On February 2, 2011, the Company closed its IPO of 33,350,000 shares of common stock at $27.00 per share. In the offering, BankUnited, Inc. sold 4,000,000 shares, while selling stockholders sold 29,350,000 shares, including 4,350,000 shares sold pursuant to the over-allotment option exercised in full by the underwriters of the IPO.
In conjunction with the IPO, in the first quarter of 2011 the Company recorded approximately $110.4 million in compensation expense related to the exchange of Profits Interest Units ("PIUs") for a combination of common stock and options immediately prior to the completion of the IPO. This expense, which is not deductible for tax purposes, resulted in an offsetting increase in paid-in capital, and thus did not affect the Company's capital position.

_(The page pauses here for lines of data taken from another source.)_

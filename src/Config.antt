-- ===== src/Config.antt =====
-- internal/config/paths.go: the names of instances and the paths of their files. What the environment
-- answers, and filepath.Join, are parameters.
use text.Mathlib.Text.{◌==◌ as str_eq}
use Prim.Native.String.{◌++◌}
use jobsd.Common.{
  ℕ, ◌==◌, leb, Bool, false, not, ◌&&◌, ◌||◌, Option, none, some, List, [], ◌∷◌, String,
  if◌then◌else◌,
}
use jobsd.Common.Text.{Runes, runes, is_empty}
use jobsd.Result.{system, invalid, Result, ok, err, ◌>>=◌, ◌>>◌, refuse_if}

pub record Paths : Type 0 where
  pub instance_name : String
  pub data_dir : String
  pub runtime_dir : String
  pub database_path : String
  pub lock_path : String
  pub state_path : String

-- The variables, empty if they are not set; os.UserHomeDir; os.TempDir; the Uid of user.Current,
-- empty if it fails; and filepath.Join.
pub record Places : Type 0 where
  pub xdg_data_home : String
  pub user_home_dir : Option String
  pub xdg_runtime_dir : String
  pub temp_dir : String
  pub uid : String
  pub join : List String → String

-- strings.ContainsAny at the two path separators
unfoldable pub has_separator : Runes → Bool
has_separator [] = false
has_separator (c ∷ s) = (c == b'/') || (c == 92) || has_separator s

abbrev pub is_name_char : ℕ → Bool
is_name_char c =
    (leb b'A' c && leb c b'Z')
    || (leb b'a' c && leb c b'z')
    || (leb b'0' c && leb c b'9')
    || c == b'.'
    || c == b'_'
    || c == b'-'

-- instanceNamePattern
unfoldable pub matches_pattern : Runes → Bool
matches_pattern [] = false
matches_pattern (c ∷ s) = is_name_char c && (is_empty s || matches_pattern s)

unfoldable pub validate_instance_name : String → Result (Unit {0})
unfolding has_separator matches_pattern
validate_instance_name name = do
  refuse_if (str_eq name "") (invalid "instance name is required")
  refuse_if (has_separator (runes name)) (invalid "instance name must not contain path separators")
  refuse_if (not (matches_pattern (runes name))) (invalid "instance name must match")

abbrev pub or_system : Option String → Result String
or_system none = err system
or_system (some s) = ok s

module _ (places : Places) where
  unfoldable pub resolve_data_base_dir : Result String
  resolve_data_base_dir =
      if not (str_eq places.xdg_data_home "")
      then ok (places.join (places.xdg_data_home ∷ "jobsd" ∷ []))
      else or_system places.user_home_dir >>= λ home.
          ok (places.join (home ∷ ".local" ∷ "share" ∷ "jobsd" ∷ []))

  unfoldable pub current_user_id : String
  current_user_id = if str_eq places.uid "" then "0" else places.uid

  unfoldable pub resolve_runtime_base_dir : String
  unfolding current_user_id
  resolve_runtime_base_dir =
      if not (str_eq places.xdg_runtime_dir "")
      then places.join (places.xdg_runtime_dir ∷ "jobsd" ∷ [])
      else places.join (places.temp_dir ∷ ("jobsd-" ++ current_user_id) ∷ [])

  unfoldable pub resolve_paths : String → Result Paths
  unfolding validate_instance_name resolve_data_base_dir resolve_runtime_base_dir
  resolve_paths name = do
    validate_instance_name name
    data_base ← resolve_data_base_dir
    let runtime_base = resolve_runtime_base_dir
    let data_dir = places.join (data_base ∷ "instances" ∷ name ∷ [])
    let runtime_dir = places.join (runtime_base ∷ name ∷ [])
    ok (record {
      instance_name = name;
      data_dir = data_dir;
      runtime_dir = runtime_dir;
      database_path = places.join (data_dir ∷ "jobs.db" ∷ []);
      lock_path = places.join (runtime_base ∷ (name ++ ".lock") ∷ []);
      state_path = places.join (runtime_dir ∷ "state.json" ∷ []);
    })
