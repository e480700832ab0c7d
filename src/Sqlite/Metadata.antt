-- ===== src/Sqlite/Metadata.antt =====
-- internal/sqlite/metadata_store.go: the metadata of an instance, a row for each key.
pub mod Lookup
pub mod Cell
use text.Mathlib.Text.{◌==◌ as str_eq}
use jobsd.Common.{
  ℕ, Bool, true, false, ◌||◌, not, Option, none, some, List, [], ◌∷◌, String, ℤ, if◌then◌else◌,
  is_none, select,
}
use jobsd.Result.{Error, metadata_not_found, metadata_corrupt, Result, ok, err, hang}
use jobsd.Result
use jobsd.Action.{Action, pure, lift, ◌>>=◌, ◌>>◌}
use jobsd.Domain.{Time, InstanceMetadata, OnFinishConfig}
use jobsd.Domain.OnFinish.{parse_on_finish_config_json, marshal_on_finish_config_json}
use jobsd.Env.{Env, Codec}
use jobsd.Sqlite.{Stamp, Tables, MetadataKey, MetadataRow, format_time}
use jobsd.Sqlite.Engine.{Db, exec, query, transaction}

unfoldable pub same_key : MetadataKey → MetadataKey → Bool
same_key MetadataKey.instance_name MetadataKey.instance_name = true
same_key MetadataKey.created_at MetadataKey.created_at = true
same_key MetadataKey.scheduler_port MetadataKey.scheduler_port = true
same_key MetadataKey.on_finish_json MetadataKey.on_finish_json = true
same_key (MetadataKey.unknown s) (MetadataKey.unknown t) = str_eq s t
same_key _ _ = false

-- INSERT … ON CONFLICT(key) DO UPDATE
unfoldable pub put_row : MetadataRow → List MetadataRow → List MetadataRow
put_row new [] = new ∷ []
put_row new (r ∷ rs) =
    let rest = put_row new rs in if same_key r.key new.key then new ∷ rs else r ∷ rest

unfoldable pub put_value : MetadataKey → String → Stamp → Tables → Result (Unit {0} × Tables)
put_value key value at t = ok (
  tt,
  record t { metadata = put_row (record { key = key; value = value; updated_at = at }) t.metadata },
)

-- DELETE FROM instance_metadata WHERE key = ?
unfoldable pub delete_key : MetadataKey → Tables → Result (Unit {0} × Tables)
delete_key key t =
    ok (tt, record t { metadata = select (λ r. not (same_key r.key key)) t.metadata })

-- a map[string]string, by its lookup
abbrev pub Values : Type 0
Values = MetadataKey → Option String

-- the keys of the map's literal
unfoldable pub values_of : Codec → InstanceMetadata → Option String → Values
values_of codec meta json MetadataKey.instance_name = some meta.instance_name
values_of codec meta json MetadataKey.created_at =
    some (codec.write_time (format_time meta.created_at))
values_of codec meta json MetadataKey.scheduler_port = some (codec.itoa meta.scheduler_port)
values_of codec meta json MetadataKey.on_finish_json = json
values_of codec meta json (MetadataKey.unknown s) = none

-- the round of the loop for a key, which is none if the map does not have it
abbrev pub put_found : MetadataKey → Stamp → Action Db Unit → Option String → Action Db Unit
put_found key at rest none = rest
put_found key at rest (some value) = exec (put_value key value at) >> rest

-- `for key, value := range values`, where `keys` is the order that the map is walked in
unfoldable pub put_all : List MetadataKey → Values → Stamp → Action Db Unit
unfolding put_value
put_all [] values at = pure tt
put_all (key ∷ keys) values at = put_found key at (put_all keys values at) (values key)

abbrev pub is_wanted : MetadataKey → Bool
is_wanted (MetadataKey.unknown s) = false
is_wanted _ = true

-- values[key] of Get; the key is the primary key of the table, so one row has it
unfoldable pub lookup : MetadataKey → List MetadataRow → Option String
lookup key [] = none
lookup key (r ∷ rs) = let rest = lookup key rs in if same_key r.key key then some r.value else rest

abbrev pub found_value : Option String → Result String
found_value none = err metadata_not_found
found_value (some v) = ok v

abbrev pub readable {ℓ} : {A : Type ℓ} → Option A → Result A
readable none = err metadata_corrupt
readable (some a) = ok a

-- what is made of an error of ParseOnFinishConfigJSON
abbrev pub corrupt_unless_ok {ℓ} : {A : Type ℓ} → Result A → Result A
corrupt_unless_ok (ok a) = ok a
corrupt_unless_ok (err e) = err metadata_corrupt
corrupt_unless_ok hang = hang

module _ (env : Env) (codec : Codec) where
  unfoldable pub stored_on_finish : Option String → Result (Option OnFinishConfig)
  stored_on_finish none = ok none
  stored_on_finish (some raw) =
      Result.◌>>=◌ (corrupt_unless_ok (parse_on_finish_config_json env raw)) λ c. ok (some c)

  -- what Get makes of the rows
  unfoldable pub decode_metadata : List MetadataRow → Result InstanceMetadata
  unfolding stored_on_finish
  decode_metadata rows = Result.◌>>=◌ (found_value (lookup MetadataKey.instance_name rows)) λ name.
      Result.◌>>=◌ (found_value (lookup MetadataKey.created_at rows)) λ created_raw.
        Result.◌>>=◌ (found_value (lookup MetadataKey.scheduler_port rows)) λ port_raw.
          Result.◌>>=◌ (readable (codec.read_time created_raw)) λ created_at.
            Result.◌>>=◌ (readable (codec.atoi port_raw)) λ port.
              Result.◌>>=◌ (stored_on_finish (lookup MetadataKey.on_finish_json rows)) λ on_finish.
                ok (record {
                  instance_name = name;
                  created_at = created_at;
                  scheduler_port = port;
                  on_finish = on_finish;
                })

  -- Get
  unfoldable pub get_metadata : Action Db InstanceMetadata
  get_metadata = do
    rows ← query (λ t. select (λ r. is_wanted r.key) t.metadata)
    lift (decode_metadata rows)

  -- Upsert; `now` is the time of the call
  unfoldable pub upsert_metadata : List MetadataKey → Time → InstanceMetadata → Action Db Unit
  unfolding delete_key
  upsert_metadata keys now meta = transaction do
    json ← lift (marshal_on_finish_config_json env meta.on_finish)
    put_all keys (values_of codec meta json) (format_time now)
    if is_none json then exec (delete_key MetadataKey.on_finish_json) else pure tt

  -- SetOnFinish
  unfoldable pub set_on_finish : List MetadataKey → Time → Option OnFinishConfig → Action Db Unit
  set_on_finish keys now config = do
    meta ← get_metadata
    upsert_metadata keys now (record meta { on_finish = config })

This press release contains forward-looking statements within the meaning of the Private Securities Litigation Reform Act of 1995 that reflect our current views with respect to, among other things, future events and financial performance. We generally identify forward-looking statements by terminology such as "outlook", "believes," "expects," "potential," "continues," "may," "will," "could," "should," "seeks," "approximately," "predicts," "intends," "plans," "estimates," "anticipates" or the negative version of those words or other comparable words. Any forward-looking statements contained in this press release are based on the historical performance of us and our subsidiaries or on our current plans, estimates and expectations. The inclusion of this forward-looking information should not be regarded as a representation by us that the future plans, estimates or expectations contemplated by us will be achieved. Such forward-looking statements are subject to various risks and uncertainties and assumptions relating to our operations, financial results, financial condition, business prospects, growth strategy and liquidity. If one or more of these or other risks or uncertainties materialize, or if our underlying assumptions prove to be incorrect, our actual results may vary materially from those indicated in these statements. These factors should not be construed as exhaustive. We do not undertake any obligation to publicly update or review any forward-looking statement, whether as a result of new information, future developments or otherwise. A number of important factors could cause actual results to differ materially from those indicated by the forward-looking statements.